> From: Lars Schneider <larsxschnei...@gmail.com>
> Consider the case of a file that requires filtering and is present in
> branch A but not in branch B. If A is the current HEAD and we checkout B
> then the following happens:
> 1. ce_compare_data() opens the file
> 2. index_fd() detects that the file requires to run a clean filter and
> calls index_stream_convert_blob()
> 4. index_stream_convert_blob() calls convert_to_git_filter_fd()
> 5. convert_to_git_filter_fd() calls apply_filter() which creates a
> new long running filter process (in case it is the first file
> of this kind to be filtered)
> 6. The new filter process inherits all file handles. This is the
> default on Linux/OSX and is explicitly defined in the
> `CreateProcessW` call in `mingw.c` on Windows.
> 7. ce_compare_data() closes the file
> 8. Git unlinks the file as it is not present in B
> The unlink operation does not work on Windows because the filter process
> has still an open handle to the file. Apparently that is no problem on
> Linux/OSX. Probably because "[...] the two file descriptors share open
> file status flags" (see fork(2)).
Wait, a, minute. "that is no problem" may be true as long as "that"

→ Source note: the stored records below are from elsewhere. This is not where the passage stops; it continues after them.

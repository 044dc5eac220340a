-- ===== src/Tests/Chains.antt =====
-- A log of two events under a digest without collisions, and instances of the theorems about logs.
use playbook_harness.Base.{
  ℕ, ◌≡◌, refl, ap, false, none, some, List, [], ◌∷◌, ◌++◌, ok, arith, length, head_or, drop,
}
use playbook_harness.Text.{Text, codes, text_eq}
use playbook_harness.Arena.Chain.{
  Fields, Event, Verified, RunFiles, zero_hash, verified_event, make_event, append, verify,
  verify_from, check_event, check_resumable,
}
use playbook_harness.Arena.Chain.Appended.{append-resumable}
use playbook_harness.Arena.Chain.Evidence.{verify-tamper_evident}

-- A text that holds all the fields, with the lengths of two of them.
abbrev spell : Fields ℕ → Text
spell f =
    f.sequence
    ∷ f.payload
    ∷ length f.time
    ∷ (f.time ++ (length f.type ∷ (f.type ++ f.previous_hash)))

append-parts : (a b c d : Text) → length a ≡ length b → a ++ c ≡ b ++ d → (a ≡ b) × (c ≡ d)
append-parts [] [] c d l h = (refl, h)
append-parts [] (y ∷ b) c d l h = ground arith
append-parts (x ∷ a) [] c d l h = ground arith
append-parts (x ∷ a) (y ∷ b) c d l h =
    let t = append-parts a b c d (omega arith) (ap (drop 1) h) in
    let e : x ≡ y = ap (head_or 0) h in (cc (e, t.0), t.1)

fields-eq :
    (a b : Fields ℕ)
    → a.sequence ≡ b.sequence
    → a.payload ≡ b.payload
    → a.time ≡ b.time
    → a.type ≡ b.type
    → a.previous_hash ≡ b.previous_hash
    → a ≡ b
fields-eq a b h i j k l = cc

spell-collision_free : (a b : Fields ℕ) → spell a ≡ spell b → a ≡ b
spell-collision_free a b h =
    let s : a.sequence ≡ b.sequence = ap (head_or 0) h in
    let p : a.payload ≡ b.payload = ap (λ (t : Text). head_or 0 (drop 1 t)) h in
    let n : length a.time ≡ length b.time = ap (λ (t : Text). head_or 0 (drop 2 t)) h in
    let (i, r) = append-parts a.time b.time _ _ n (ap (drop 3) h) in
    let m : length a.type ≡ length b.type = ap (head_or 0) r in
    let (j, q) = append-parts a.type b.type a.previous_hash b.previous_hash m (ap (drop 1) r) in
    fields-eq a b s p i j q

abbrev first : Event ℕ
first = make_event spell (1, zero_hash) (codes "t0") (codes "run_reserved") 5

abbrev second : Event ℕ
second = make_event spell (2, first.hash) (codes "t1") (codes "run_resumed") 6

abbrev log : List (Event ℕ)
log = first ∷ second ∷ []

abbrev read : List (Verified ℕ)
read = verified_event first ∷ verified_event second ∷ []

log-verifies : verify spell (some log) ≡ ok read
unfolding verify verify_from check_event text_eq
log-verifies = refl

verify-tamper_evident_example : log ≡ log
verify-tamper_evident_example =
    verify-tamper_evident spell spell-collision_free log log read read log-verifies log-verifies
      refl

abbrev files : RunFiles ℕ
files = record { events = some log; snapshot = none }

append-resumable_example :
    (v : Verified ℕ) × ((append spell false files
        (codes "t2")
        (codes "wall_timeout")
        7
        (codes "stopping")).0
      ≡ ok v)
    × (v.type ≡ codes "wall_timeout")
    × (v.payload ≡ 7)
    × (verify spell
          (append spell false files
            (codes "t2")
            (codes "wall_timeout")
            7
            (codes "stopping")).1.events
        ≡ ok (read ++ (v ∷ [])))
    × (check_resumable spell
          (append spell false files (codes "t2") (codes "wall_timeout") 7 (codes "stopping")).1
        ≡ ok (read ++ (v ∷ [])))
append-resumable_example =
    append-resumable spell files (codes "t2") (codes "wall_timeout") 7 (codes "stopping") read
      log-verifies refl
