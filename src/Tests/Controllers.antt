-- ===== src/Tests/Controllers.antt =====
-- A script of two events, a log of its run, and instances of the controller's theorems.
use playbook_harness.Base.{◌≤◌, ◌≡◌, refl, Bool, true, false, List, [], ◌∷◌, ok, arith}
use playbook_harness.Text.{Text, codes, text_eq}
use playbook_harness.Arena.Controller.{
  ScriptEvent, start, after_ack, on_fail, on_skip, Entry, delivery_acknowledged, delivery_requested,
  ControllerState, fresh, replay_controller, replay_from, replay_entry, index_from,
}
use playbook_harness.Arena.Controller.Decide.{running, about, sent_entry}
use playbook_harness.Arena.Controller.Rounds.{Limits, Observation, control_round}
use playbook_harness.Arena.Controller.Invariant.{IsController, replay_controller-IsController}
use playbook_harness.Arena.Controller.Accepted.{IsScript}
use playbook_harness.Arena.Controller.Carried.{RaisesFaults}
use playbook_harness.Arena.Controller.Recorded.{control_round-replays}
use playbook_harness.Arena.Controller.Once.{requests_of, replay_controller-delivers_once}

abbrev hello : ScriptEvent
hello = record {
  id = codes "hello";
  message = codes "Say hello.";
  deliver_when = start;
  acknowledge = codes "hello";
  timeout_seconds = 60;
  on_timeout = on_fail;
}

abbrev bye : ScriptEvent
bye = record {
  id = codes "bye";
  message = codes "Say bye.";
  deliver_when = after_ack;
  acknowledge = codes "bye";
  timeout_seconds = 60;
  on_timeout = on_skip;
}

abbrev script : List ScriptEvent
script = hello ∷ bye ∷ []

abbrev log : List Entry
log =
    about delivery_requested hello ∷ sent_entry hello 4 70 ∷ about delivery_acknowledged hello ∷ []

abbrev waiting : ControllerState
waiting = record fresh { next_index = 1 }

log-replays : replay_controller script log ≡ ok waiting
unfolding replay_controller replay_from replay_entry index_from text_eq
log-replays = refl

script-IsScript : IsScript script
unfolding text_eq
script-IsScript = record {
  distinct = ((refl, tt), (tt, tt));
  timeouts = (omega arith, (omega arith, tt));
  first = refl;
}

abbrev seen : Observation
seen = record {
  worker_state = running;
  prior_log = codes "$ ";
  current_log = codes "$ hello";
  log_bytes = 7;
  sent = true;
  asked_at = 20;
  sent_at = 21;
  ends_at = 22;
}

abbrev limits : Limits
limits = record { max_interventions = 2; max_output_bytes = 1000; control_deadline = 500 }

abbrev never : Text → Text → Bool
never pattern text = false

replay_controller-IsController_example : IsController script waiting
replay_controller-IsController_example =
    replay_controller-IsController script log waiting log-replays

replay_controller-delivers_once_example : requests_of (codes "hello") log ≤ 1
replay_controller-delivers_once_example =
    replay_controller-delivers_once script log (codes "hello") waiting log-replays

control_round-replays_example :
    ((t : ControllerState) × (replay_controller script
          (control_round never script limits seen log).1
        ≡ ok t))
    × RaisesFaults (control_round never script limits seen log).0
control_round-replays_example =
    control_round-replays never script limits seen log waiting script-IsScript log-replays
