-- ===== src/Tests/Tasks.antt =====
-- Runs of the task document's operations, and instances of its theorems.
use playbook_harness.Text.Edit.{replace_first, count_from, count}
use playbook_harness.Base.{◌≡◌, refl, Bool, false, none, some, List, [], ◌∷◌, Result, ok, err, ◌+◌}
use playbook_harness.Text.{
  Text, codes, text_eq, strip, is_blank_line, lower, after_prefix, starts_with,
}
use playbook_harness.Text.Lines.{splitlines, is_break}
use playbook_harness.Identity.{
  SessionKey, from_values, identity_spec, find_spec, canonical_provider, validate_native_session_id,
  key_eq,
}
use playbook_harness.TaskDocument.Grammar.{
  heading_title, fence_match, gate_match, gate_box, session_match, line_ending, is_blank,
  has_content, skip_blanks, skip_spaces, run_length,
}
use playbook_harness.TaskDocument.Scan.{scan, scan_end, scan_line, headings, toggle}
use playbook_harness.TaskDocument.Document.{
  count_checked, DocumentError, claim_conflict, TaskGate, TaskDocument, pending, parse, parse_lines,
  gates, canonical_status, sections_named, values, parse_sessions, first_ending, assemble,
  gates_from, live_owner, progress,
}
use playbook_harness.TaskDocument.Render.{render, is_last_session, insert_session}
use playbook_harness.TaskDocument.Claim.{
  claim_task_document, complete_task_document, claim_verdict, owned_by,
}
use playbook_harness.TaskDocument.Gates.{complete_next_gate, open_gates}
use playbook_harness.TaskDocument.Replace.{
  closed_gates, transitions, status_eq, sessions_eq, same_authority, replacement_gate_closures,
  located, find_closures, edit_owned, checked_with, boxes, admit_candidate,
  replace_claimed_task_text_with_closures,
}
use playbook_harness.TaskDocument.Ownership.{foreign_session_writes_nothing}
use playbook_harness.TaskDocument.Authority.{EditResult, replace_claimed-keeps_authority}
use playbook_harness.TaskDocument.GateClosed.{
  GateClosed, complete_next_gate-closes_first, complete_next_gate-progress,
}
use playbook_harness.TaskDocument.Position.{section_span, section_span-parsed}

abbrev task : Text
task =
    codes
      "# 7\n\n## Status\npending\n\n## Plan\n```\n- [ ] no\n```\n- [ ] one\n- [x] two\n- [ ] three\n"

abbrev pub owned : Text
owned =
    codes
      "# 7\n\n## Status\nin_progress\n\n## Sessions\n\n- claude:a1\n\n## Plan\n```\n- [ ] no\n```\n- [ ] one\n- [x] two\n- [ ] three\n"

abbrev pub key_a : SessionKey
key_a = record { provider = codes "claude"; session_id = codes "a1" }

abbrev pub key_b : SessionKey
key_b = record { provider = codes "codex"; session_id = codes "b2" }

claimed_text : Text
unfolding claim_task_document parse parse_lines toggle render text_eq strip is_blank_line lower
    after_prefix starts_with splitlines is_break from_values identity_spec find_spec
    canonical_provider validate_native_session_id key_eq heading_title fence_match gate_match
    session_match line_ending is_blank has_content scan scan_end scan_line headings canonical_status
    sections_named values parse_sessions first_ending assemble live_owner is_last_session
    insert_session claim_verdict run_length skip_spaces skip_blanks
claimed_text = (claim_task_document task key_a none).1

claimed : claimed_text ≡ owned
unfolding claimed_text
claimed = refl

abbrev document_of : Result DocumentError TaskDocument → TaskDocument
document_of (ok d) = d
document_of (err e) = record {
  lines = [];
  status = pending;
  sessions = [];
  status_section = record { heading = 0; end = 0 };
  status_value_line = 0;
  sessions_section = none;
  newline = [];
  marks = [];
}

abbrev pub owned_document : TaskDocument
owned_document = document_of (parse owned)

pub owned-parsed : parse owned ≡ ok owned_document
unfolding parse parse_lines toggle text_eq strip is_blank_line lower after_prefix starts_with
    splitlines is_break from_values identity_spec find_spec canonical_provider
    validate_native_session_id heading_title fence_match session_match line_ending is_blank
    has_content scan scan_end scan_line headings canonical_status sections_named values
    parse_sessions first_ending assemble run_length skip_spaces skip_blanks
owned-parsed = refl

owned-live_owner : live_owner owned_document ≡ ok (some key_a)
unfolding live_owner parse parse_lines toggle text_eq strip is_blank_line lower after_prefix
    starts_with splitlines is_break from_values identity_spec find_spec canonical_provider
    validate_native_session_id heading_title fence_match session_match line_ending is_blank
    has_content scan scan_end scan_line headings canonical_status sections_named values
    parse_sessions first_ending assemble run_length skip_spaces skip_blanks
owned-live_owner = refl

keys-differ : key_eq key_a key_b ≡ false
unfolding key_eq text_eq
keys-differ = refl

pub owned-by_a : owned_by owned_document key_a ≡ ok tt
unfolding live_owner parse parse_lines toggle text_eq strip is_blank_line lower after_prefix
    starts_with splitlines is_break from_values identity_spec find_spec canonical_provider
    validate_native_session_id key_eq heading_title fence_match session_match line_ending is_blank
    has_content scan scan_end scan_line headings canonical_status sections_named values
    parse_sessions first_ending assemble run_length skip_spaces skip_blanks
owned-by_a = refl

abbrev pub gate_one : TaskGate
gate_one = record { line = 13; checked = false; text = codes "one" }

abbrev pub gate_three : TaskGate
gate_three = record { line = 15; checked = false; text = codes "three" }

pub owned-open_gates : open_gates (gates owned_document) ≡ gate_one ∷ gate_three ∷ []
unfolding open_gates gates_from gate_match gate_box live_owner parse parse_lines toggle text_eq
    strip is_blank_line lower after_prefix starts_with splitlines is_break from_values identity_spec
    find_spec canonical_provider validate_native_session_id heading_title fence_match session_match
    line_ending is_blank has_content scan scan_end scan_line headings canonical_status
    sections_named values parse_sessions first_ending assemble run_length skip_spaces skip_blanks
owned-open_gates = refl

foreign_session_writes_nothing_example :
    (claim_task_document owned key_b none ≡ (err (claim_conflict key_a), owned))
    × (complete_task_document owned key_b ≡ (err (claim_conflict key_a), owned))
    × (complete_next_gate owned key_b ≡ (err (claim_conflict key_a), owned))
    × ((old new : Text) (every replay : Bool)
        → (replace_claimed_task_text_with_closures owned key_b old new every replay).1 ≡ owned)
foreign_session_writes_nothing_example =
    foreign_session_writes_nothing owned owned_document key_a key_b owned-parsed owned-live_owner
      keys-differ

replace_claimed-keeps_authority_example : EditResult owned owned_document (
    replace_claimed_task_text_with_closures owned key_a
      (codes "[ ] one")
      (codes "[x] one")
      false
      false)
replace_claimed-keeps_authority_example =
    replace_claimed-keeps_authority owned key_a (codes "[ ] one") (codes "[x] one") false false
      owned_document owned-parsed

complete_next_gate-closes_first_example :
    (upcoming : List Text) × ((complete_next_gate owned key_a).0 ≡ ok (codes "one", upcoming))
    × GateClosed owned_document 13 (complete_next_gate owned key_a).1
complete_next_gate-closes_first_example =
    complete_next_gate-closes_first owned key_a owned_document gate_one (gate_three ∷ [])
      owned-parsed owned-by_a owned-open_gates

complete_next_gate-progress_example :
    (after : TaskDocument) × (parse (complete_next_gate owned key_a).1 ≡ ok after)
    × (open_gates (gates after) ≡ gate_three ∷ [])
    × (progress after ≡ ((progress owned_document).0 + 1, (progress owned_document).1))
complete_next_gate-progress_example =
    complete_next_gate-progress owned key_a owned_document gate_one (gate_three ∷ []) owned-parsed
      owned-by_a owned-open_gates

section_span-parsed_example :
    (section_span owned_document (codes "Status") ≡ ok (some owned_document.status_section))
    × (section_span owned_document (codes "Sessions") ≡ ok owned_document.sessions_section)
section_span-parsed_example = section_span-parsed owned owned_document owned-parsed

-- Two gates are closed and one is opened: the count rises by one, and one closure is reported.
abbrev mixed : Text
mixed =
    codes
      "## Status\nin_progress\n\n## Sessions\n\n- claude:a1\n\n## Plan\n- [ ] a\n- [ ] b\n- [x] b\n- [x] c\n"

abbrev swapped_gates : Text
swapped_gates =
    codes
      "## Status\nin_progress\n\n## Sessions\n\n- claude:a1\n\n## Plan\n- [x] a\n- [x] b\n- [x] b\n- [ ] c\n"

two-closed :
    (replace_claimed_task_text_with_closures mixed key_a
      (codes "- [ ] a\n- [ ] b\n- [x] b\n- [x] c")
      (codes "- [x] a\n- [x] b\n- [x] b\n- [ ] c")
      false
      false).1
    ≡ swapped_gates
unfolding replace_claimed_task_text_with_closures parse parse_lines scan_end splitlines is_break
    scan_line text_eq strip fence_match skip_spaces assemble sections_named headings scan
    heading_title after_prefix canonical_status count_checked first_ending gates_from live_owner
    parse_sessions values gate_box gate_match has_content is_blank line_ending run_length
    session_match skip_blanks admit_candidate boxes checked_with edit_owned find_closures located
    replacement_gate_closures same_authority sessions_eq status_eq transitions toggle count
    count_from replace_first is_blank_line lower starts_with key_eq closed_gates from_values
    identity_spec find_spec canonical_provider validate_native_session_id
two-closed = refl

is "unlinking the now-gone file in the filesystem", but the reason
does not have anything to do with the "open-file status flags";
unlike Windows, you _can_ unlink file that has an open file
descriptor on it.
And even on POSIX systems, if you are doing a long-running helper
any open file descriptor in the parent process when the long-running
helper is spawned will become leaked fd. CLOEXEC is a possible
solution (but not necessarily the only or the best one) to the fd
leak in this case.
How much does the code that spawns these long-running helpers know
about the file descriptors that happen to be open? The parent is
very likely to have pack windows open into .pack files and they need
to be closed on the child side after fork(2) starts the child
process but before execve(2) runs the helper, if we want to avoid
file descriptor leaks.
> Fix this problem by opening files in read-cache with the `O_CLOEXEC`
> flag to ensure that the file descriptor does not remain open in a newly
> spawned process. `O_CLOEXEC` is defined as `O_NOINHERIT` on Windows. A
> similar fix for temporary file handles was applied on Git for Windows
After a few iterations, the final version of the same commit is now
in our tree as d5cb9cbd ("Git 2.10-rc2", 2016-08-26).